Joe MacCarthy2010-05-12 22:46:31 +0000 #4
Bunbury, others honoured

Rob Longley Toronto Sun

Alex Bunbury can easily point to the moment he knew he fit in with some of the world's soccer elite.

"The greatest honour I got playing professionally in Portugal is that I was Alex, a football player for Maritimo," Bunbury said. "There was no need for a reference to me being a Canadian player.

"We are renowned for our hockey here in Canada, but once they saw my calibre of play, it was no longer that."

Last night Bunbury joined eight others as 2006 inductees into the Canadian Soccer Hall of Fame and Museum in Vaughan.

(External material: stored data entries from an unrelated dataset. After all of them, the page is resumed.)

-- ===== src/Managed.antt =====
-- app/services/managed_signer_service.ts: what is accepted of the answers of the managed signer, and
-- `importManagedSignature` of app/services/artifact_service.ts. The HTTP call is a parameter: it may
-- answer anything. An answer's fields are values of which the code knows nothing before it has
-- looked. A status that is an array of one text passes `signingRequest` of the source and is refused
-- by its caller; here it is refused at once.
pub mod Imported
mod Tests
use reeva.Prelude.{
  ℕ, ◌≡◌, Bool, true, false, not, ◌&&◌, ◌||◌, Option, none, some, List, [], ◌∷◌, ◌++◌, Text, lit,
  same, leb, ◌==◌, truthy, if◌then◌else◌, Result, ok, err, or_fail, require, ◌>>=◌, ◌>>◌,
}
use reeva.Model.{Uuid, Artifact, Catalog}
use reeva.Input.{Value, undefined, null, text}
use reeva.Headers.{encode_uri_component}
use reeva.Signature
use reeva.Signature.{load, Codec, Crypto, create_payload, verify_signature}
use reeva.Artifacts
use reeva.Artifacts.{find_artifact, set_signature}
use reeva.Products.{KeyReader}

pub data Error : Type 0 where
  not_configured uri_error invalid_key fingerprint_mismatch other_release invalid_signature : Error
  invalid_pending not_signed row_not_found broken_relation : Error
  manifest : Signature.Error → Error
  artifact : Artifacts.Error → Error

pub record Answer : Type 0 where
  pub product : Value
  pub key_version : Value
  pub key_id : Value
  pub public_key : Value
  pub id : Value
  pub payload : Value
  pub payload_digest : Value
  pub status : Value
  pub signature : Value
  pub expires_at : Value

-- The signer's answer to a path, where a 404 is `none`; the value of an integer that is not
-- negative; `Number.isSafeInteger`; and the hash of Node over the bytes of a text or of a payload
pub record Signer : Type 0 where
  pub call : Text → Result Error (Option Answer)
  pub integer : Value → Option ℕ
  pub is_safe_integer : Value → Bool
  pub utf8 : Text → List ℕ
  pub sha256 : List ℕ → Text
  pub reader : KeyReader

pub record ManagedKey : Type 0 where
  pub product : Text
  pub key_version : ℕ
  pub key_id : Text
  pub public_key : Text

pub record Request : Type 0 where
  pub key : ManagedKey
  pub id : Text
  pub payload : Text
  pub payload_digest : Text
  pub status : Text
  pub signature : Value

-- `value === text`
abbrev pub is_text : Value → Text → Bool
is_text (text s) t = same s t
is_text _ t = false

abbrev pub text_of : Value → Option Text
text_of (text s) = some s
text_of _ = none

abbrev pub is_null : Value → Bool
is_null null = true
is_null _ = false

-- `managedRequestId`
unfoldable pub managed_request_id : Signer → Crypto → Text → Text → Text → Text
managed_request_id w crypto product key_id payload = w.sha256 (
    w.utf8 (lit "reeva-signer-v1")
    ++ (0 ∷ (w.utf8 product ++ (0 ∷ (w.utf8 key_id ++ (0 ∷ crypto.decode payload))))))

-- `key`
unfoldable pub managed_key : Signer → Option Answer → Text → Result Error ManagedKey
managed_key w answer product = do
  a ← or_fail answer invalid_key
  require (is_text a.product product) invalid_key
  version ← or_fail (w.integer a.key_version) invalid_key
  require (leb 1 version) invalid_key
  key_text ← or_fail (text_of a.public_key) invalid_key
  public ← or_fail (w.reader.validate key_text) invalid_key
  require (is_text a.key_id public.0) fingerprint_mismatch
  ok (record { product = product; key_version = version; key_id = public.0; public_key = public.1 })

-- `getKey`
unfoldable pub get_key : Signer → Text → Result Error ManagedKey
get_key w product = do
  path ← or_fail (encode_uri_component product) uri_error
  answer ← w.call (lit "/v1/products/" ++ (path ++ lit "/key"))
  managed_key w answer product

-- The conditions on an answer that is not null
unfoldable pub check_request : Signer → Crypto → Answer → ManagedKey → Text → Result Error Request
check_request w crypto a key payload = do
  actual ← managed_key w (some a) key.product
  let id : Text = managed_request_id w crypto key.product key.key_id payload
  let digest : Text = w.sha256 (crypto.decode payload)
  require
      (same actual.key_id key.key_id
        && actual.key_version == key.key_version
        && is_text a.id id
        && is_text a.payload payload
        && is_text a.payload_digest digest
        && (is_text a.status (lit "pending") || is_text a.status (lit "signed"))
        && w.is_safe_integer a.expires_at)
      other_release
  require
      (not (is_text a.status (lit "signed"))
        || verify_signature crypto payload (text_of a.signature) key.public_key)
      invalid_signature
  require (not (is_text a.status (lit "pending")) || is_null a.signature) invalid_pending
  status ← or_fail (text_of a.status) other_release
  ok (record {
    key = actual;
    id = id;
    payload = payload;
    payload_digest = digest;
    status = status;
    signature = a.signature;
  })

abbrev pub some_request : Request → Result Error (Option Request)
some_request r = ok (some r)

-- `signingRequest`
unfoldable pub signing_request :
    Signer → Crypto → Option Answer → ManagedKey → Text → Result Error (Option Request)
signing_request w crypto none key payload = ok none
signing_request w crypto (some a) key payload =
    check_request w crypto a key payload >>= some_request

-- `getRequest`
unfoldable pub get_request : Signer → Crypto → ManagedKey → Text → Result Error (Option Request)
get_request w crypto key payload = do
  answer ←
      w.call (lit "/v1/requests/" ++ managed_request_id w crypto key.product key.key_id payload)
  signing_request w crypto answer key payload

abbrev pub lift_manifest : {A : Type 0} → Result Signature.Error A → Result Error A
lift_manifest (ok a) = ok a
lift_manifest (err e) = err (manifest e)

abbrev pub lift_artifact : {A : Type 0} → Result Artifacts.Error A → Result Error A
lift_artifact (ok a) = ok a
lift_artifact (err e) = err (artifact e)

-- `importManagedSignature`
unfoldable pub import_managed_signature :
    Signer → Codec → Crypto → Catalog → Uuid → Result Error (Artifact × Catalog)
import_managed_signature w codec crypto c id = do
  a ← or_fail (find_artifact c id) row_not_found
  v ← or_fail (load c a).version broken_relation
  s ← or_fail (load c a).software broken_relation
  key ← get_key w s.slug
  payload ← lift_manifest (create_payload codec (load c a))
  answer ← get_request w crypto key payload
  r ← or_fail answer not_signed
  require (same r.status (lit "signed") && truthy (text_of r.signature)) not_signed
  lift_artifact (set_signature codec crypto c id (text r.key.key_id) r.signature)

The native of Guyana developed his skills in Montreal, where his family emigrated when Alex was a child. Bunbury then went on to become a fixture for Canada's national team, participating in 65 international matches.

In 1993, the talented striker moved to Portugal where he was a star scoring a club record 59 goals for CS Maritimo.

"I think there is a stigma for a lot of Canadian players," said Bunbury, who now lives in Minnesota. "I think the only way you can get rid of it is by going and playing the game at a high level and playing it with passion, which is what I did.

"This is a great honour. Very humbling. You never start out even thinking of being in a hall of fame some day."

Brian Robinson, David Stothard and Randy Samuel, a defender who represented Canada 82 times, joined Bunbury as players inducted at last night's ceremony.

In the builders category, Toronto Sun Corporate Sports editor George Gross went in alongside Sylvie Beliveau and John Buchanon, as well as the late Bob Bearpark and Fred Stambrook.

Victoria native Robinson represented Canada in two World Cup qualifiers and scored a memorable goal at Azteca Stadium in Mexico City in 1972.

"I felt that it was frustrating at times," Robinson said of representing Canada against world powers. "We were amateurs. We had families and jobs and we'd get together for two or three weeks then have to go play against countries that were together for much longer periods of time.

"People here in Canada would see (the results) and think we just lost again without understanding what we were up against."